Auslieferung eines mutmaßlichen Serienmörders gestoppt

Mutmaßlicher Serienkiller Aslan G. bleibt vorerst in Wien
Moskau: Die russische Justiz hält Zusicherungen von Haftbedingungen nicht ein, Gericht steigt auf Bremse

Eine Auslieferungsverhandlung vor dem Oberlandesgericht Wien (OLG) deckte am Dienstag auf: Russland dreht Österreich offenbar eine lange Nase, was die Zusicherung von Haftbedingungen betrifft.

Das Wiener Landesgericht erklärte am 19. August die Auslieferung eines mutmaßlichen russischen Serienmörders an Moskau für zulässig. Die Generalstaatsanwaltschaft in Moskau hatte der Wiener Justiz im Fall der Überstellung des 45-jährigen Aslan G. eine menschenrechtskonforme Behandlung zugesagt. Genau das selbe Versprechen hatte Russland schon im Parallelfall des mutmaßlichen Auftragsmörders Anatoly R. gemacht, der nach einem Beschluss des OLG Wien am 21. August den russischen Behörden übergeben wurde. Er sollte in die Untersuchungshaftanstalt 1 in Nowosibirsk eingeliefert werden und jederzeit Besuch von seiner Anwältin erhalten können.

Kein EU-Standard

Im Justizpalast legte der Anwalt von Aslan G., Lukas Kollmann, nun Berichte von einem Gefangenen-Hilfsverein vor, wonach die Zusagen im Fall Anatoly R. ganz und gar nicht eingehalten wurden. Der Häftling wurde in eine Haftanstalt außerhalb der sibirischen Metropole Nowosibirsk verlegt, die keineswegs europäischen Mindeststandards entspricht. Seiner Anwältin wurde insgesamt drei Mal der Zutritt verwehrt, zuletzt am 17. Dezember. Begründet wurde das damit, dass keine schriftliche Genehmigung des zuständigen Ermittlers vorgelegen sei.

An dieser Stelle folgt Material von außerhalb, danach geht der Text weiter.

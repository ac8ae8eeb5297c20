-- ===== src/Harness/Turn/Steps.antt =====
-- src/harness/loop.ts: the steps of one round, and what they append.
use loomctl.Base.{
  subst, ap, sym, ◌≡◌, refl, ℕ, Bool, true, false, String, Option, none, some, List, [], ◌∷◌, ◌++◌,
}
use mathlib.Core.List.{append-nil, append_assoc}
use loomctl.Harness.Events.{VerificationResult}
use loomctl.Harness.Executor.{Attempt, done, threw, Io, WorkspaceExecutor}
use loomctl.Harness.Tools.{effective_allowed_tools, execute, run_verification}
use loomctl.Harness.Triples.{Holds, Triple, bind, pure}
use loomctl.Harness.Options.{ProposedAction, AgentStep, RunHarnessOptions}
use loomctl.Harness.Run.{
  Phase, Emitted, Event, finish, emitted, action, observation, Run, append, enter, at_iteration,
  outside, is_assistant_message,
}
use loomctl.Harness.Turn.{
  guard_abort, ensure_action_id, run_action, run_actions, emit, answered, ask_agent, asked_to_pause,
  run_commands_of,
}

unfoldable pub is_finish : Event → Bool
is_finish (finish status) = true
is_finish _ = false

-- An event that neither ends the run nor counts as a round.
abbrev pub Quiet : Event → Type 0
Quiet e = (is_finish e ≡ false) × (is_assistant_message e ≡ false)

-- A property of the run that none but its log bears on, and no quiet event changes.
pub record Stable {W : Type 0} (I : Run W → Type 0) : Type 0 where
  pub world : (s : Run W) (w : W) → I s → I (record s { world = w })
  pub phase : (s : Run W) (p : Option Phase) → I s → I (record s { phase = p })
  pub iteration : (s : Run W) (n : Option ℕ) → I s → I (record s { iteration = n })
  pub verification :
      (s : Run W) (v : Option VerificationResult) → I s → I (record s { verification = v })
  pub evaluation :
      (s : Run W) (v : Option VerificationResult) → I s → I (record s { evaluation = v })
  pub reviewer : (s : Run W) (v : Option VerificationResult) → I s → I (record s { reviewer = v })
  pub append : (s : Run W) (e : Event) → Quiet e → I s → I (record s { log = s.log ++ (e ∷ []) })

-- The call keeps `I`, thrown or not.
abbrev pub Keeps : {W A : Type 0} → (Run W → Type 0) → Io (Run W) A → Type 0
Keeps I m = Triple I m (λ _. I) I

module _ {W : Type 0} {I : Run W → Type 0} (stable : Stable I) where
  pub append-Keeps : (e : Event) → Quiet e → Keeps I (append e)
  append-Keeps e quiet =
      pure tt (λ s. record s { log = s.log ++ (e ∷ []) }) (λ s h. stable.append s e quiet h)

  pub enter-Keeps : (p : Phase) → Keeps I (enter p)
  enter-Keeps p = pure tt (λ s. record s { phase = some p }) (λ s h. stable.phase s (some p) h)

  pub at_iteration-Keeps : (n : Option ℕ) → Keeps I (at_iteration n)
  at_iteration-Keeps n = pure tt (λ s. record s { iteration = n }) (λ s h. stable.iteration s n h)

  pub outside-Keeps : {A : Type 0} (m : Io W A) → Keeps I (outside m)
  unfolding outside Holds
  outside-Keeps {A} m = record { holds = λ s h. ended s h (m s.world) }
    where
      ended : (s : Run W) → I s → (r : Attempt A W) → Holds (λ _. I) I (outside (λ _. r) s)
      ended s h (done a w) = stable.world s w h
      ended s h (threw e w) = stable.world s w h

  module _ (executor : WorkspaceExecutor W) (options : RunHarnessOptions W) where
    pub guard_abort-Keeps : Keeps I (guard_abort executor options)
    guard_abort-Keeps = outside-Keeps _

    run_action-Keeps : (a : ProposedAction) → Keeps I (run_action executor options a)
    unfolding run_action is_finish is_assistant_message
    run_action-Keeps a = bind (enter-Keeps Phase.tool_action) λ _. bind guard_abort-Keeps λ _.
        bind (outside-Keeps (ensure_action_id executor options a)) λ a'.
          bind (append-Keeps (action a') (refl, refl)) λ _.
            bind (enter-Keeps Phase.tool_observation) λ _.
              bind
                (outside-Keeps (
                  execute executor (effective_allowed_tools options.allowed_tools)
                    options.verify_commands a'))
                λ o. append-Keeps (observation o) (refl, refl)

    pub run_actions-Keeps :
        (actions : List ProposedAction) → Keeps I (run_actions executor options actions)
    unfolding run_actions
    run_actions-Keeps [] = pure tt (λ s. s) (λ s h. h)
    run_actions-Keeps (a ∷ rest) = bind (run_action-Keeps a) λ _. run_actions-Keeps rest

    emit-kept :
        (es : List Emitted) (s : Run W)
        → I s
        → I (record s { log = s.log ++ emit executor options es })
    unfolding emit is_finish is_assistant_message
    emit-kept [] s h = subst I (ap (λ l. record s { log = l }) (sym (append-nil s.log))) h
    emit-kept (e ∷ es) s h =
        subst I
          (ap (λ l. record s { log = l })
            (append_assoc s.log (emitted e ∷ []) (emit executor options es)))
          (emit-kept es (record s { log = s.log ++ (emitted e ∷ []) })
            (stable.append s (emitted e) (refl, refl) h))

    answered-Keeps :
        (s : Run W) (r : List Emitted × Attempt AgentStep W)
        → I s
        → Holds (λ _. I) I (answered executor options s r)
    unfolding answered Holds
    answered-Keeps s (es, done step w) h = stable.world _ w (emit-kept es s h)
    answered-Keeps s (es, threw e w) h = stable.world _ w (emit-kept es s h)

    pub ask_agent-Keeps : Keeps I (ask_agent executor options)
    unfolding ask_agent
    ask_agent-Keeps = record { holds = λ s h. answered-Keeps s (options.agent s.log s.world) h }

    pub asked_to_pause-Keeps : Keeps I (asked_to_pause executor options)
    unfolding asked_to_pause
    asked_to_pause-Keeps = record {
      holds = λ s h. (outside-Keeps (options.should_pause s.log)).holds s h;
    }

    pub run_commands_of-Keeps :
        (p : Phase) (commands : List String) (event : VerificationResult → Event)
        → ((v : VerificationResult) → Quiet (event v))
        → Keeps I (run_commands_of executor options p commands event)
    run_commands_of-Keeps p commands event quiet = bind (enter-Keeps p) λ _.
        bind guard_abort-Keeps λ _.
          bind (outside-Keeps (run_verification executor commands none))
            λ v. bind (append-Keeps (event v) (quiet v)) λ _. pure v (λ s. s) (λ s h. h)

Auch wurde inzwischen bekannt, dass der russische Präsident Wladimir Putin kürzlich ein Verfassungsgesetz unterschrieben hat, wonach Entscheidungen von internationalen Gerichten nur noch anerkannt werden, wenn sie in Einklang mit der russischen Verfassung stehen. Kritiker befürchten, dass sich Moskau damit auch nicht mehr an Urteile des Europäischen Gerichtshofs für Menschenrechte gebunden erachten könnte.

Das OLG Wien, das die Auslieferung von Anatoly R. beschlossen hatte, stoppte daraufhin sofort die Auslieferung von Aslan G. Über die österreichische Botschaft in Moskau soll nun überprüft werden, ob die Zusagen im Fall Anatoly R. tatsächlich nicht eingehalten wurden. „Wir haben ihnen Glauben geschenkt“, sagte Senatspräsident Leo Levnaic-Iwanski. Bis dahin bleibt Aslan G. in Österreich.

Ob das Justizministerium auf diplomatischem Weg eine Rückkehr von Anatoly R. erreichen könnte, ist mehr als fraglich.